ABOUT THIS EXERCISE :: Where does the string "scalar" appear in the records? Copy each line that holds it.

RECORDS SHOWN ::
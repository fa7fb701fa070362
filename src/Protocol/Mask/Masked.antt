-- ===== src/Protocol/Mask/Masked.antt =====
-- RFC 6455, section 5.3: byte i of the payload is exclusive-ored with byte i mod 4 of the mask.
-- The word loop and the vector loops do this.
use eiows.Common.{
  ℕ, zero, suc, ◌+◌, ◌*◌, ◌/◌, ◌%◌, ◌≤◌, bit_and, bit_xor, ◌≡◌, refl, sym, ap, ◌∙◌, [], ◌∷◌, ◌++◌,
  arith, Bytes, IsByte, All, length, take, drop, take-append-drop, length-take, length-drop,
}
use eiows.Common.Bits.{bit_and_step, bit_xor_cancel, bit_xor-lt}
use eiows.Protocol.Ascii.{Simd, scalar, avx2, neon}
use eiows.Protocol.Mask.{
  Mask, mask_at, unmask_bytes, unmask_rest, unmask_words, repeat_mask, lanes_xor, unmask_vectors,
  unmask_avx2, unmask_neon, unmask, unmask_remaining,
}

-- The payload from its byte `i` on, masked or unmasked.
unfoldable pub masked : Mask → ℕ → Bytes → Bytes
masked mask i [] = []
masked mask i (b ∷ s) = bit_xor b (mask_at mask (i % 4)) ∷ masked mask (i + 1) s

and_zero : (n a : ℕ) → a ≤ n → bit_and a 0 ≡ 0
and_zero zero zero h = refl
and_zero zero (suc a) h = absurd (omega arith)
and_zero (suc n) zero h = refl
and_zero (suc n) (suc a) h =
    omega (arith, bit_and_step (suc a) 0, and_zero n (suc a / 2) (omega arith))

pub bit_and-three : (a : ℕ) → bit_and a 3 ≡ a % 4
bit_and-three a = omega (
  arith,
  bit_and_step a 3,
  bit_and_step (a / 2) 1,
  and_zero (a / 2 / 2) (a / 2 / 2) (omega arith),
)

-- Only the position modulo 4 matters.
pub masked-mod :
    (mask : Mask) (i j : ℕ) (s : Bytes) → i % 4 ≡ j % 4 → masked mask i s ≡ masked mask j s
unfolding masked
masked-mod mask i j [] e = refl
masked-mod mask i j (b ∷ s) e = ground (arith, masked-mod mask (i + 1) (j + 1) s (omega arith))

pub length-masked : (mask : Mask) (i : ℕ) (s : Bytes) → length (masked mask i s) ≡ length s
unfolding masked
length-masked mask i [] = refl
length-masked mask i (b ∷ s) = ap suc (length-masked mask (i + 1) s)

pub masked-append :
    (mask : Mask) (i : ℕ) (xs ys : Bytes)
    → masked mask i (xs ++ ys) ≡ masked mask i xs ++ masked mask (i + length xs) ys
unfolding masked
masked-append mask i [] ys = masked-mod mask i (i + 0) ys (omega arith)
masked-append mask i (x ∷ xs) ys = ap (◌∷◌ (bit_xor x (mask_at mask (i % 4)))) (
    masked-append mask (i + 1) xs ys
    ∙ ap (λ t. masked mask (i + 1) xs ++ t)
        (masked-mod mask (i + 1 + length xs) (i + suc (length xs)) ys (omega arith)))

abbrev pub IsMask : Mask → Type 0
IsMask mask = IsByte mask.m0 × IsByte mask.m1 × IsByte mask.m2 × IsByte mask.m3

mask_at-IsByte : (mask : Mask) (i : ℕ) → IsMask mask → IsByte (mask_at mask i)
mask_at-IsByte mask i h = ground arith

-- Masking is its own inverse.
pub masked-masked :
    (mask : Mask) (i : ℕ) (s : Bytes)
    → IsMask mask
    → All IsByte s
    → masked mask i (masked mask i s) ≡ s
unfolding masked
masked-masked mask i [] m h = refl
masked-masked mask i (b ∷ s) m (h, hs) = ground (
  arith,
  bit_xor_cancel 8 b (mask_at mask (i % 4)) h (mask_at-IsByte mask (i % 4) m),
  masked-masked mask (i + 1) s m hs,
)

pub masked-IsByte :
    (mask : Mask) (i : ℕ) (s : Bytes) → IsMask mask → All IsByte s → All IsByte (masked mask i s)
unfolding masked
masked-IsByte mask i [] m h = tt
masked-IsByte mask i (b ∷ s) m (h, hs) = (
  bit_xor-lt 8 b (mask_at mask (i % 4)) h (mask_at-IsByte mask (i % 4) m),
  masked-IsByte mask (i + 1) s m hs,
)

unmask_bytes-masked : (mask : Mask) (i : ℕ) (s : Bytes) → unmask_bytes mask i s ≡ masked mask i s
unfolding unmask_bytes masked
unmask_bytes-masked mask i [] = refl
unmask_bytes-masked mask i (b ∷ s) = rw (bit_and-three i, unmask_bytes-masked mask (i + 1) s)

pub unmask_rest-masked :
    (mask : Mask) (i : ℕ) (s : Bytes) → i + length s ≤ 4 → unmask_rest mask i s ≡ masked mask i s
unfolding unmask_rest masked
unmask_rest-masked mask i [] h = refl
unmask_rest-masked mask i (b ∷ s) h =
    let e : i % 4 ≡ i = omega arith in rw (e, unmask_rest-masked mask (i + 1) s (omega arith))

masked_word :
    (mask : Mask) (a b c d : ℕ) (s : Bytes)
    → bit_xor a mask.m0
        ∷ bit_xor b mask.m1
        ∷ bit_xor c mask.m2
        ∷ bit_xor d mask.m3
        ∷ masked mask 0 s
      ≡ masked mask 0 (a ∷ b ∷ c ∷ d ∷ s)
unfolding masked
masked_word mask a b c d s = rw (masked-mod mask 4 0 s refl)

unmask_words-masked : (mask : Mask) (s : Bytes) → unmask_words mask s ≡ masked mask 0 s
unfolding unmask_words
unmask_words-masked mask (a ∷ b ∷ c ∷ d ∷ s) =
    rw (unmask_words-masked mask s) (masked_word mask a b c d s)
unmask_words-masked mask [] = unmask_rest-masked mask 0 [] (omega arith)
unmask_words-masked mask (a ∷ []) = unmask_rest-masked mask 0 (a ∷ []) (omega arith)
unmask_words-masked mask (a ∷ b ∷ []) = unmask_rest-masked mask 0 (a ∷ b ∷ []) (omega arith)
unmask_words-masked mask (a ∷ b ∷ c ∷ []) = unmask_rest-masked mask 0 (a ∷ b ∷ c ∷ []) (omega arith)

-- A vector of whole words, at a position that is a multiple of four.
lanes_xor-repeat_mask :
    (words : ℕ) (mask : Mask) (s : Bytes)
    → length s ≡ 4 * words
    → lanes_xor s (repeat_mask words mask) ≡ masked mask 0 s
lanes_xor-repeat_mask zero mask [] e = unfold masked lanes_xor in refl
lanes_xor-repeat_mask zero mask (a ∷ s) e = absurd (omega arith)
lanes_xor-repeat_mask (suc n) mask [] e = absurd (omega arith)
lanes_xor-repeat_mask (suc n) mask (a ∷ []) e = absurd (omega arith)
lanes_xor-repeat_mask (suc n) mask (a ∷ b ∷ []) e = absurd (omega arith)
lanes_xor-repeat_mask (suc n) mask (a ∷ b ∷ c ∷ []) e = absurd (omega arith)
lanes_xor-repeat_mask (suc n) mask (a ∷ b ∷ c ∷ d ∷ s) e =
    lanes_xor_word n mask a b c d s
    ∙ rw (lanes_xor-repeat_mask n mask s (omega arith)) (masked_word mask a b c d s)
  where
    lanes_xor_word :
        (n : ℕ) (mask : Mask) (a b c d : ℕ) (s : Bytes)
        → lanes_xor (a ∷ b ∷ c ∷ d ∷ s) (repeat_mask (suc n) mask)
          ≡ bit_xor a mask.m0
            ∷ bit_xor b mask.m1
            ∷ bit_xor c mask.m2
            ∷ bit_xor d mask.m3
            ∷ lanes_xor s (repeat_mask n mask)
    lanes_xor_word n mask a b c d s = unfold lanes_xor repeat_mask in refl

unmask_vectors-masked :
    (fuel words : ℕ) (mask : Mask) (i : ℕ) (s : Bytes)
    → i % 4 ≡ 0
    → unmask_vectors fuel words mask i s ≡ masked mask i s
unfolding unmask_vectors
unmask_vectors-masked zero words mask i s e = unmask_bytes-masked mask i s
unmask_vectors-masked (suc fuel) words mask i s e =
    let front = take (4 * words) s in
    let back = drop (4 * words) s in
    let n = length-take (4 * words) s in
    ground (
      arith,
      unmask_bytes-masked mask i s,
      unmask_vectors-masked fuel words mask (i + 4 * words) back (omega arith),
      lanes_xor-repeat_mask words mask front,
      masked-mod mask 0 i front,
      masked-append mask i front back,
      ap (masked mask i) (take-append-drop (4 * words) s),
      n,
      masked-mod mask (i + length front) (i + 4 * words) back,
    )

-- The scalar, AVX2 and NEON code all exclusive-or byte i of the payload with mask[i mod 4].
pub unmask-masked : (simd : Simd) (mask : Mask) (s : Bytes) → unmask simd mask s ≡ masked mask 0 s
unfolding unmask unmask_avx2 unmask_neon
unmask-masked scalar mask s = unmask_words-masked mask s
unmask-masked avx2 mask s =
    ground (arith, unmask_words-masked mask s, unmask_vectors-masked (length s) 8 mask 0 s refl)
unmask-masked neon mask s =
    ground (arith, unmask_words-masked mask s, unmask_vectors-masked (length s) 4 mask 0 s refl)

-- So does the code for the end of a payload, by words and then by bytes.
pub unmask_remaining-masked :
    (simd : Simd) (mask : Mask) (s : Bytes) → unmask_remaining simd mask s ≡ masked mask 0 s
unfolding unmask_remaining
unmask_remaining-masked simd mask s =
    let n = length s / 4 in
    let words = take (n * 4) s in
    let rest = drop (n * 4) s in
    let few : 0 + length rest ≤ 4 = omega (arith, length-drop (n * 4) s) in
    rw (unmask-masked simd mask words, unmask_rest-masked mask 0 rest few)
      (ap (λ t. masked mask 0 words ++ t)
          (masked-mod mask 0 (0 + length words) rest (omega (arith, length-take (n * 4) s)))
        ∙ sym (masked-append mask 0 words rest)
        ∙ ap (masked mask 0) (take-append-drop (n * 4) s))

pub length-unmask : (simd : Simd) (mask : Mask) (s : Bytes) → length (unmask simd mask s) ≡ length s
length-unmask simd mask s = ap length (unmask-masked simd mask s) ∙ length-masked mask 0 s

pub length-unmask_remaining :
    (simd : Simd) (mask : Mask) (s : Bytes) → length (unmask_remaining simd mask s) ≡ length s
length-unmask_remaining simd mask s =
    ap length (unmask_remaining-masked simd mask s) ∙ length-masked mask 0 s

EXPECTED ANSWER ::
use eiows.Protocol.Ascii.{Simd, scalar, avx2, neon}
-- The scalar, AVX2 and NEON code all exclusive-or byte i of the payload with mask[i mod 4].
unmask-masked scalar mask s = unmask_words-masked mask s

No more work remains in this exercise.